- **Problem requirements**:
What is the number of lines in the data below that hold the word "ComparisonMode"? Give nothing beyond that number.

· · ·

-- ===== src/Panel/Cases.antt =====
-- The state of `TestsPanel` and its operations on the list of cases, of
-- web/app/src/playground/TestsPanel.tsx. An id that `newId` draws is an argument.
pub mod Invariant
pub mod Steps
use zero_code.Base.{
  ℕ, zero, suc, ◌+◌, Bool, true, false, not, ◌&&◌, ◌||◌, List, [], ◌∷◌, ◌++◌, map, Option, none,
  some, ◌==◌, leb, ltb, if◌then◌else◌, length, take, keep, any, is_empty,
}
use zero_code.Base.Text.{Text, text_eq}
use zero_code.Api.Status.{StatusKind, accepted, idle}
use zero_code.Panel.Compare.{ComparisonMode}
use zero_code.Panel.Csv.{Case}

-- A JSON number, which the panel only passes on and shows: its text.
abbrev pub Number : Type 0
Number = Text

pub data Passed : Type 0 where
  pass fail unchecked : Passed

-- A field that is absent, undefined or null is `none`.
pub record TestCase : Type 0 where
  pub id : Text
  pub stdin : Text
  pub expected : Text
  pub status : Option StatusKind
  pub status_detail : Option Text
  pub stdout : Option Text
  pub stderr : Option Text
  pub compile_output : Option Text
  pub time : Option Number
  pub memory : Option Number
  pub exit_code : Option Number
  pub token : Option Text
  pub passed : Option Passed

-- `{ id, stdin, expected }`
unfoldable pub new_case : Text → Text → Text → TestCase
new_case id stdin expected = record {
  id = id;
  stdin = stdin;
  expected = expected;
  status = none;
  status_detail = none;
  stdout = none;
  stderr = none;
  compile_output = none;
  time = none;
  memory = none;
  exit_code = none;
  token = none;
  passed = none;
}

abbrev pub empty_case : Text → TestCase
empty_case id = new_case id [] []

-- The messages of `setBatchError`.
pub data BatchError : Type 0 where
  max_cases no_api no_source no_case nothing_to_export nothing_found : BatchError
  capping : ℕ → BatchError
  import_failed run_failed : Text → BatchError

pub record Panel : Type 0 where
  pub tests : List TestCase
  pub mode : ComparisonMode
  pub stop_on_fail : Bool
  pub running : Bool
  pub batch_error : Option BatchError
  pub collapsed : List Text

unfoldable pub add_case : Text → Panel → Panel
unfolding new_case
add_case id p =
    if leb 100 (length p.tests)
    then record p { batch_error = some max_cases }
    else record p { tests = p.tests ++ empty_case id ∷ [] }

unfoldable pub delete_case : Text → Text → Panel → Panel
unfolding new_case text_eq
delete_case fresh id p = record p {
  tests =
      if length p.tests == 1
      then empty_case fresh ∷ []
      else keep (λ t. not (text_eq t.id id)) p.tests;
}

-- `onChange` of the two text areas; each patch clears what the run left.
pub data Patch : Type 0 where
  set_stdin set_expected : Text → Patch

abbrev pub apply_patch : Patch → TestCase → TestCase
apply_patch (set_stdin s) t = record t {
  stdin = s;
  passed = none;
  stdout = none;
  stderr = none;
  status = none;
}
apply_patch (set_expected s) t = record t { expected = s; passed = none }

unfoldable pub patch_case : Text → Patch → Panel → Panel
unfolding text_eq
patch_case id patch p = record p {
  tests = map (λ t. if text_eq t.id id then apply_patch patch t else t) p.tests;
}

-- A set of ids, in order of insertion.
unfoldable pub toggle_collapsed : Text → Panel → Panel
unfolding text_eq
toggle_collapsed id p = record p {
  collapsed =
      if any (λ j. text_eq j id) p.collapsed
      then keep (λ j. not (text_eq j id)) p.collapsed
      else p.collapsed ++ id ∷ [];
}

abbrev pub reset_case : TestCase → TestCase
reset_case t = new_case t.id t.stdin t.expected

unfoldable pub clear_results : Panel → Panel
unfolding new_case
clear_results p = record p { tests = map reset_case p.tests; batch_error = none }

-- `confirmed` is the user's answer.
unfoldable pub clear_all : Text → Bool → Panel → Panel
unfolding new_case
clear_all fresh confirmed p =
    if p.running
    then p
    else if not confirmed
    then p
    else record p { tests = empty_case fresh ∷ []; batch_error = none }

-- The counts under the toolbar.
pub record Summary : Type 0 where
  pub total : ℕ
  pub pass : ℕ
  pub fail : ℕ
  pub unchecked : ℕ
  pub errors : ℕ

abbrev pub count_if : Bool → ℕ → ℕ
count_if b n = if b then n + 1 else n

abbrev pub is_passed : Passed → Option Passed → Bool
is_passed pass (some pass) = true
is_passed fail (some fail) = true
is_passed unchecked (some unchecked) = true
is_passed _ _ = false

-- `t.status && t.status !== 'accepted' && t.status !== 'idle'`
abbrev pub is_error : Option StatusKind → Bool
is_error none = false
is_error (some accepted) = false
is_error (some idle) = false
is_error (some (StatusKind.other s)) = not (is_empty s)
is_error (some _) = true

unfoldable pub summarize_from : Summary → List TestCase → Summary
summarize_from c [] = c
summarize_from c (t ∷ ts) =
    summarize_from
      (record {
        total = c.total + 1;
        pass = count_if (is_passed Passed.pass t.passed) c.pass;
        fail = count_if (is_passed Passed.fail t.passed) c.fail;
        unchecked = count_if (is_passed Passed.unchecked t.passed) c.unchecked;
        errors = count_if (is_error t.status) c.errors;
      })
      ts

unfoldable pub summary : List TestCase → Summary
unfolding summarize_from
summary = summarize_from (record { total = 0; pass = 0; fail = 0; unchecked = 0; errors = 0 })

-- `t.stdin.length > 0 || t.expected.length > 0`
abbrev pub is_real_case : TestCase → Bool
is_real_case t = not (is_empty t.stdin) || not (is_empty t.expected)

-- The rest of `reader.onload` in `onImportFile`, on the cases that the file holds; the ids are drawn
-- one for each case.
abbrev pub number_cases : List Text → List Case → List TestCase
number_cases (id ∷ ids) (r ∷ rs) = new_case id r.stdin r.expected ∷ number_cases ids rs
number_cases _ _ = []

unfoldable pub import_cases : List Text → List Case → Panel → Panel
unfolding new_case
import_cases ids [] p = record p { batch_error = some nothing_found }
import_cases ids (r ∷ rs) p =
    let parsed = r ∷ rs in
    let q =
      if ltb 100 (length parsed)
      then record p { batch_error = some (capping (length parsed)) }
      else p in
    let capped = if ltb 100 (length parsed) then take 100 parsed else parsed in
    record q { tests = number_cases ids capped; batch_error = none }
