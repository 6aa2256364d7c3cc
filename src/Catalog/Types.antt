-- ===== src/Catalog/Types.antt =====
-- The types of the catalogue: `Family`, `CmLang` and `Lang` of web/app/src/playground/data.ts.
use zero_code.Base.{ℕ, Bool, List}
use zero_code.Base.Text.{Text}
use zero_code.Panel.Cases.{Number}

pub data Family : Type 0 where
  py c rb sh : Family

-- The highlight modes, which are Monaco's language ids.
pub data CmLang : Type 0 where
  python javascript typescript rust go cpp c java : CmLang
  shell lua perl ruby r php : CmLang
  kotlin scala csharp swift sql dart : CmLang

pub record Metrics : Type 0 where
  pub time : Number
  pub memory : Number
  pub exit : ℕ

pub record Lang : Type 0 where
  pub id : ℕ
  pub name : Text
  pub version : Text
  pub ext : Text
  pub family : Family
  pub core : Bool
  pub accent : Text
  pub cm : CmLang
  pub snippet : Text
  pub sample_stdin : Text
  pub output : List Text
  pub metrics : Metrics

· · ·

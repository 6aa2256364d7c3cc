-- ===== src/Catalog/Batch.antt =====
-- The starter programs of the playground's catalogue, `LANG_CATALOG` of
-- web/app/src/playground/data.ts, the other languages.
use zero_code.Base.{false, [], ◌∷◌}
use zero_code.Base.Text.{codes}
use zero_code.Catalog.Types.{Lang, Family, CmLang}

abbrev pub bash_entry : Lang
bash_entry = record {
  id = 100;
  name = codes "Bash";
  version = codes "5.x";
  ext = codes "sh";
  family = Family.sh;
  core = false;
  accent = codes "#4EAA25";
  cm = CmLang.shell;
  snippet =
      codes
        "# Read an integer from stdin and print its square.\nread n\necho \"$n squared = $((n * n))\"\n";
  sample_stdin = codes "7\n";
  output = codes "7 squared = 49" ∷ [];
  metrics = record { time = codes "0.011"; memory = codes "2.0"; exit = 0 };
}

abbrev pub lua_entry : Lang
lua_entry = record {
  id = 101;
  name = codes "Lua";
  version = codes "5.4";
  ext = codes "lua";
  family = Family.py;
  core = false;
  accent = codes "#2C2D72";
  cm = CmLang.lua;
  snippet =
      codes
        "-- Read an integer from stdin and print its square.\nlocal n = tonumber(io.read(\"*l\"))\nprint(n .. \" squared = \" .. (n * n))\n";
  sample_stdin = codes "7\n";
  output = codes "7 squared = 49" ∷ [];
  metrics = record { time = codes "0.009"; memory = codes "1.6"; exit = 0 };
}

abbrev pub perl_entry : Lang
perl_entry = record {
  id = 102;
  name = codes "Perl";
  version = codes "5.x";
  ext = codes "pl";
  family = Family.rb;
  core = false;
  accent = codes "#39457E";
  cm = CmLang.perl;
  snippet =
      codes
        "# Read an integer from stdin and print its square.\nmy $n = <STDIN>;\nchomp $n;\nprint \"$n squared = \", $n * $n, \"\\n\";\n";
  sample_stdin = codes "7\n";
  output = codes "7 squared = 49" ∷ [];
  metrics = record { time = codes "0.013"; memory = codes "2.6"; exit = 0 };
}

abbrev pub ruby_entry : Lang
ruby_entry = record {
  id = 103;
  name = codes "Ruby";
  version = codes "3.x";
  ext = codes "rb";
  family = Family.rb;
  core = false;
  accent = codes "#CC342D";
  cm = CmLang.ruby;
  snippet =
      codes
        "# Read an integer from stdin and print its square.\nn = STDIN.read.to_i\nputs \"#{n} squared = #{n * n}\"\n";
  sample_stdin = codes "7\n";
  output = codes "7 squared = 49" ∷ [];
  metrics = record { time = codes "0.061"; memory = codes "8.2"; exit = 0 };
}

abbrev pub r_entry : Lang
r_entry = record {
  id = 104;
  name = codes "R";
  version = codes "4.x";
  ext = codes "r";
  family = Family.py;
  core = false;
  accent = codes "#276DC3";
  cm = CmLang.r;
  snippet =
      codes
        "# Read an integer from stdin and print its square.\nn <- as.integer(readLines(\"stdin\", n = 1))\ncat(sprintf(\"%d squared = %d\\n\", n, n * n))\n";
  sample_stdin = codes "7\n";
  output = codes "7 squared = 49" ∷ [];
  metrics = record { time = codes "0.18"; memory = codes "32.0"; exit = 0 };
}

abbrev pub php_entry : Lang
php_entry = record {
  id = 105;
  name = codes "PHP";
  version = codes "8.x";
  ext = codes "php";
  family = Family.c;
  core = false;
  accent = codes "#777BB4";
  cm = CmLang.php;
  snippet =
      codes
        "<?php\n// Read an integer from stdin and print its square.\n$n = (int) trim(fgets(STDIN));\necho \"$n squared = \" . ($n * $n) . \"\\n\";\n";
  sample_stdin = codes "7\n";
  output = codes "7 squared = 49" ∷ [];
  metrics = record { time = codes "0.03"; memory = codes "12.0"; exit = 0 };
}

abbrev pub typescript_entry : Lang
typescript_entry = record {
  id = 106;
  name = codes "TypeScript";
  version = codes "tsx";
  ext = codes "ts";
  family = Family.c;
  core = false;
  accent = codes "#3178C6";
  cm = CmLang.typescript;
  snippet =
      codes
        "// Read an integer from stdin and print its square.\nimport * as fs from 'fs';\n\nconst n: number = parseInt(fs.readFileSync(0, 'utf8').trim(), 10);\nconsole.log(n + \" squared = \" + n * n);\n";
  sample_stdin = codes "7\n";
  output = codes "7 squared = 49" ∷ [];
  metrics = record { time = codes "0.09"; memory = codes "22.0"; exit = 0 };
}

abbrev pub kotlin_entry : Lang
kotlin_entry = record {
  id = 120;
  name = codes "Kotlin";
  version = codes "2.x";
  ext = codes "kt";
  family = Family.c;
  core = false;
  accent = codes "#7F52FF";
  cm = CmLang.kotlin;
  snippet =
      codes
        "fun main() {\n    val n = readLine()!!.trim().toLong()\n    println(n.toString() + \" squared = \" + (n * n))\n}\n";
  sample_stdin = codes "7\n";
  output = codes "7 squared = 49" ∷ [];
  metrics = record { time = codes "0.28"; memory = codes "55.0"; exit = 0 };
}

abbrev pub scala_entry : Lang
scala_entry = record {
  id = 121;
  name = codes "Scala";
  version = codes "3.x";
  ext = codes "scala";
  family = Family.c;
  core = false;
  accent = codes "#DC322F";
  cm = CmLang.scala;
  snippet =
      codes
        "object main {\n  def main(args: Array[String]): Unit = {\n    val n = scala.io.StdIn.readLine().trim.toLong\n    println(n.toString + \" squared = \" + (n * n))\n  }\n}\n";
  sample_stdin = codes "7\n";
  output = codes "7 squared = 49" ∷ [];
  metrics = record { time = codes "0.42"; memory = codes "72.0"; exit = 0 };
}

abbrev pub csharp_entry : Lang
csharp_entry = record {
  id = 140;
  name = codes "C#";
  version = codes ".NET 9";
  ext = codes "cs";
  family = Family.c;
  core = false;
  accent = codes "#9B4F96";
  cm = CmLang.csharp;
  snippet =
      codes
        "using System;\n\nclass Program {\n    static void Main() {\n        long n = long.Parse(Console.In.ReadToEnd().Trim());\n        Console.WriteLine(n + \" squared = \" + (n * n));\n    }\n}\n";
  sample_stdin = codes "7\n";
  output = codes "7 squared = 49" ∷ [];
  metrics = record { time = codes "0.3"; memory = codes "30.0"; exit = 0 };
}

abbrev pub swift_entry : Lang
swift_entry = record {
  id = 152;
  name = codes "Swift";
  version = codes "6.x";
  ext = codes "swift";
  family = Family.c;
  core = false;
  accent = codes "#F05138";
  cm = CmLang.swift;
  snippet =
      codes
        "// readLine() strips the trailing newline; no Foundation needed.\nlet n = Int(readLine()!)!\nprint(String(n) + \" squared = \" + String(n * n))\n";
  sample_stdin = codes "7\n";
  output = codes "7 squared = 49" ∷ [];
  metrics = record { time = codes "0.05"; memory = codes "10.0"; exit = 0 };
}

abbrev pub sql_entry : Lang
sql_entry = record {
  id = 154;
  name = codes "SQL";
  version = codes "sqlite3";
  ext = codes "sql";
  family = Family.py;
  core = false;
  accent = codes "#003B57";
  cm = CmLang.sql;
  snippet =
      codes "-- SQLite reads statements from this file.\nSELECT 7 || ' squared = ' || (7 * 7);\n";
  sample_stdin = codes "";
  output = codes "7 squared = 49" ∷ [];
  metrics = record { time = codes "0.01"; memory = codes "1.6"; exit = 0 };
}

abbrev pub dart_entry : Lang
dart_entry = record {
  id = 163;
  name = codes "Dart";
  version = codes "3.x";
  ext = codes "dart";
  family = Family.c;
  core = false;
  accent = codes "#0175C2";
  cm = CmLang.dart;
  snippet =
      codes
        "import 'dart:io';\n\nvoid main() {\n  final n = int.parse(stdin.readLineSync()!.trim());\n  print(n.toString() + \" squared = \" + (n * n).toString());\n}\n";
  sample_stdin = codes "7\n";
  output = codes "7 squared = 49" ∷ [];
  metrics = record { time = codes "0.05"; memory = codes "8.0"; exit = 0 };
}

· · ·

- **Solution to this problem**:
2